Aim of the task:
Without altering a single character, set down all of the data below.

Input:
=== Begin Enclosure ===
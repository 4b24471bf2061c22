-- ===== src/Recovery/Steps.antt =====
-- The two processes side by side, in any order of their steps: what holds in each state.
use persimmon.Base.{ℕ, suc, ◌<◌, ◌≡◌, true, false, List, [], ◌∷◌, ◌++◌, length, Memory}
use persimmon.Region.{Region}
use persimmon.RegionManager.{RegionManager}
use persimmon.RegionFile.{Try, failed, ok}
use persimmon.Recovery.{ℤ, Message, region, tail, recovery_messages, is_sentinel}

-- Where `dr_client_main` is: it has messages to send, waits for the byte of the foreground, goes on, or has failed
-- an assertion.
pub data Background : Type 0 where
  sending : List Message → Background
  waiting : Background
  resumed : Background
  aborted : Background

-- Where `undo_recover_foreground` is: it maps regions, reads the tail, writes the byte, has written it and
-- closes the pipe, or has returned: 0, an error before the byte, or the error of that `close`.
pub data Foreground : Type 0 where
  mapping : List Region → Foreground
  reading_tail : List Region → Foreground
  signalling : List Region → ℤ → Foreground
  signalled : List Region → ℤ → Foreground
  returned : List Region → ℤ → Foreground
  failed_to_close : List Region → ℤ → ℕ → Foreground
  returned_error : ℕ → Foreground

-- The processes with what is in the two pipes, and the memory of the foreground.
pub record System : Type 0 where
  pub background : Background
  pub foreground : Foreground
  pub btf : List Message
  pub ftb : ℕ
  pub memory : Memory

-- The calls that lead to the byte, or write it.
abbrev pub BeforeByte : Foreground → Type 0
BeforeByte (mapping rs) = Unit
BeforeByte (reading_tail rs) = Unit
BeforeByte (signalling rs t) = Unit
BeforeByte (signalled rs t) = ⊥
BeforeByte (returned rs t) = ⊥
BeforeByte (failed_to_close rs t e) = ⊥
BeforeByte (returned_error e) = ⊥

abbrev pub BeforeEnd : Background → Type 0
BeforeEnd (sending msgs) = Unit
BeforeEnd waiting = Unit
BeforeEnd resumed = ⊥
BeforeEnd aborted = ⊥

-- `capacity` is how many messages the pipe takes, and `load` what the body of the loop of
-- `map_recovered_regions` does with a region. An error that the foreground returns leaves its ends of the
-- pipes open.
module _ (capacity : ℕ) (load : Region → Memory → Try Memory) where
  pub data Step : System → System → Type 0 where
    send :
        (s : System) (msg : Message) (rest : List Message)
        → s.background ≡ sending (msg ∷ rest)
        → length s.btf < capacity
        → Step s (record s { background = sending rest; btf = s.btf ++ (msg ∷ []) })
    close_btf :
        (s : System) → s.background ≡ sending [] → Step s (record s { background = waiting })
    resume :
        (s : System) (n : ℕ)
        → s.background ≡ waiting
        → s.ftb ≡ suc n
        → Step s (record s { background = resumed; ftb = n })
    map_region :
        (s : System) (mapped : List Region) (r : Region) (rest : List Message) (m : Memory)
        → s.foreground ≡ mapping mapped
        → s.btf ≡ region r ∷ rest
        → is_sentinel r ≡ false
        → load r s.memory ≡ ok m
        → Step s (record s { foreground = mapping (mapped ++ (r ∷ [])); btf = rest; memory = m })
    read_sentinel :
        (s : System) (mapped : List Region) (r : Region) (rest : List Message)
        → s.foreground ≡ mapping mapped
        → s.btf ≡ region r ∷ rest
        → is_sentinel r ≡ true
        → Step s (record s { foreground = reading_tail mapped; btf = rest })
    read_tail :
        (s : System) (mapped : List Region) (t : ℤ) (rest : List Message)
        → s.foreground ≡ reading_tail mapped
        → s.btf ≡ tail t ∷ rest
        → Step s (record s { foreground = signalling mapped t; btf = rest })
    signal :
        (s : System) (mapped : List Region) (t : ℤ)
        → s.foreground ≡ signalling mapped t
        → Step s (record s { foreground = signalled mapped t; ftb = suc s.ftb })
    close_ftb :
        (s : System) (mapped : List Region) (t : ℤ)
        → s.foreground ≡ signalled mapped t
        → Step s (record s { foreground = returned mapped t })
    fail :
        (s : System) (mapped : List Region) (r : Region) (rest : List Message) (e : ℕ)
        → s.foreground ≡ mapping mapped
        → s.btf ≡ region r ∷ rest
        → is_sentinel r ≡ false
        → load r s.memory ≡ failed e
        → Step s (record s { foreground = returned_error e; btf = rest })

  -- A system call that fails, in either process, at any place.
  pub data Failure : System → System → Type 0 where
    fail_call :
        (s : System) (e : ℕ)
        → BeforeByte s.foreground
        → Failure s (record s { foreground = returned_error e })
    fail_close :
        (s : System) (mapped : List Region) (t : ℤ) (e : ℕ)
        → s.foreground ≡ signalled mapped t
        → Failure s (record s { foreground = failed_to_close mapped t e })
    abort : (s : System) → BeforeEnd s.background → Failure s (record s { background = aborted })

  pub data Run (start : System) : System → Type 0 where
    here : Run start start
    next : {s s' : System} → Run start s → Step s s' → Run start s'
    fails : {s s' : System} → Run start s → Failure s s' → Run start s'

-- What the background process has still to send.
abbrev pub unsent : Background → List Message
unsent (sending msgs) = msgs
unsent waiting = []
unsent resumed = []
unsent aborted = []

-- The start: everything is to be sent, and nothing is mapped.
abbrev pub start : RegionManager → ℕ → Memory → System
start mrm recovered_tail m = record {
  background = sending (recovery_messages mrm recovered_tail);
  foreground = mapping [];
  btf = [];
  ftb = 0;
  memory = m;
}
=== End Enclosure ===
Task output:
repository 4b24471bf2061c22
-- ===== src/Recovery/Steps.antt =====
-- The two processes side by side, in any order of their steps: what holds in each state.
use persimmon.Base.{ℕ, suc, ◌<◌, ◌≡◌, true, false, List, [], ◌∷◌, ◌++◌, length, Memory}
use persimmon.Region.{Region}
use persimmon.RegionManager.{RegionManager}
use persimmon.RegionFile.{Try, failed, ok}
use persimmon.Recovery.{ℤ, Message, region, tail, recovery_messages, is_sentinel}

-- Where `dr_client_main` is: it has messages to send, waits for the byte of the foreground, goes on, or has failed
-- an assertion.
pub data Background : Type 0 where
  sending : List Message → Background
  waiting : Background
  resumed : Background
  aborted : Background

-- Where `undo_recover_foreground` is: it maps regions, reads the tail, writes the byte, has written it and
-- closes the pipe, or has returned: 0, an error before the byte, or the error of that `close`.
pub data Foreground : Type 0 where
  mapping : List Region → Foreground
  reading_tail : List Region → Foreground
  signalling : List Region → ℤ → Foreground
  signalled : List Region → ℤ → Foreground
  returned : List Region → ℤ → Foreground
  failed_to_close : List Region → ℤ → ℕ → Foreground
  returned_error : ℕ → Foreground

-- The processes with what is in the two pipes, and the memory of the foreground.
pub record System : Type 0 where
  pub background : Background
  pub foreground : Foreground
  pub btf : List Message
  pub ftb : ℕ
  pub memory : Memory

-- The calls that lead to the byte, or write it.
abbrev pub BeforeByte : Foreground → Type 0
BeforeByte (mapping rs) = Unit
BeforeByte (reading_tail rs) = Unit
BeforeByte (signalling rs t) = Unit
BeforeByte (signalled rs t) = ⊥
BeforeByte (returned rs t) = ⊥
BeforeByte (failed_to_close rs t e) = ⊥
BeforeByte (returned_error e) = ⊥

abbrev pub BeforeEnd : Background → Type 0
BeforeEnd (sending msgs) = Unit
BeforeEnd waiting = Unit
BeforeEnd resumed = ⊥
BeforeEnd aborted = ⊥

-- `capacity` is how many messages the pipe takes, and `load` what the body of the loop of
-- `map_recovered_regions` does with a region. An error that the foreground returns leaves its ends of the
-- pipes open.
module _ (capacity : ℕ) (load : Region → Memory → Try Memory) where
  pub data Step : System → System → Type 0 where
    send :
        (s : System) (msg : Message) (rest : List Message)
        → s.background ≡ sending (msg ∷ rest)
        → length s.btf < capacity
        → Step s (record s { background = sending rest; btf = s.btf ++ (msg ∷ []) })
    close_btf :
        (s : System) → s.background ≡ sending [] → Step s (record s { background = waiting })
    resume :
        (s : System) (n : ℕ)
        → s.background ≡ waiting
        → s.ftb ≡ suc n
        → Step s (record s { background = resumed; ftb = n })
    map_region :
        (s : System) (mapped : List Region) (r : Region) (rest : List Message) (m : Memory)
        → s.foreground ≡ mapping mapped
        → s.btf ≡ region r ∷ rest
        → is_sentinel r ≡ false
        → load r s.memory ≡ ok m
        → Step s (record s { foreground = mapping (mapped ++ (r ∷ [])); btf = rest; memory = m })
    read_sentinel :
        (s : System) (mapped : List Region) (r : Region) (rest : List Message)
        → s.foreground ≡ mapping mapped
        → s.btf ≡ region r ∷ rest
        → is_sentinel r ≡ true
        → Step s (record s { foreground = reading_tail mapped; btf = rest })
    read_tail :
        (s : System) (mapped : List Region) (t : ℤ) (rest : List Message)
        → s.foreground ≡ reading_tail mapped
        → s.btf ≡ tail t ∷ rest
        → Step s (record s { foreground = signalling mapped t; btf = rest })
    signal :
        (s : System) (mapped : List Region) (t : ℤ)
        → s.foreground ≡ signalling mapped t
        → Step s (record s { foreground = signalled mapped t; ftb = suc s.ftb })
    close_ftb :
        (s : System) (mapped : List Region) (t : ℤ)
        → s.foreground ≡ signalled mapped t
        → Step s (record s { foreground = returned mapped t })
    fail :
        (s : System) (mapped : List Region) (r : Region) (rest : List Message) (e : ℕ)
        → s.foreground ≡ mapping mapped
        → s.btf ≡ region r ∷ rest
        → is_sentinel r ≡ false
        → load r s.memory ≡ failed e
        → Step s (record s { foreground = returned_error e; btf = rest })

  -- A system call that fails, in either process, at any place.
  pub data Failure : System → System → Type 0 where
    fail_call :
        (s : System) (e : ℕ)
        → BeforeByte s.foreground
        → Failure s (record s { foreground = returned_error e })
    fail_close :
        (s : System) (mapped : List Region) (t : ℤ) (e : ℕ)
        → s.foreground ≡ signalled mapped t
        → Failure s (record s { foreground = failed_to_close mapped t e })
    abort : (s : System) → BeforeEnd s.background → Failure s (record s { background = aborted })

  pub data Run (start : System) : System → Type 0 where
    here : Run start start
    next : {s s' : System} → Run start s → Step s s' → Run start s'
    fails : {s s' : System} → Run start s → Failure s s' → Run start s'

-- What the background process has still to send.
abbrev pub unsent : Background → List Message
unsent (sending msgs) = msgs
unsent waiting = []
unsent resumed = []
unsent aborted = []

-- The start: everything is to be sent, and nothing is mapped.
abbrev pub start : RegionManager → ℕ → Memory → System
start mrm recovered_tail m = record {
  background = sending (recovery_messages mrm recovered_tail);
  foreground = mapping [];
  btf = [];
  ftb = 0;
  memory = m;
}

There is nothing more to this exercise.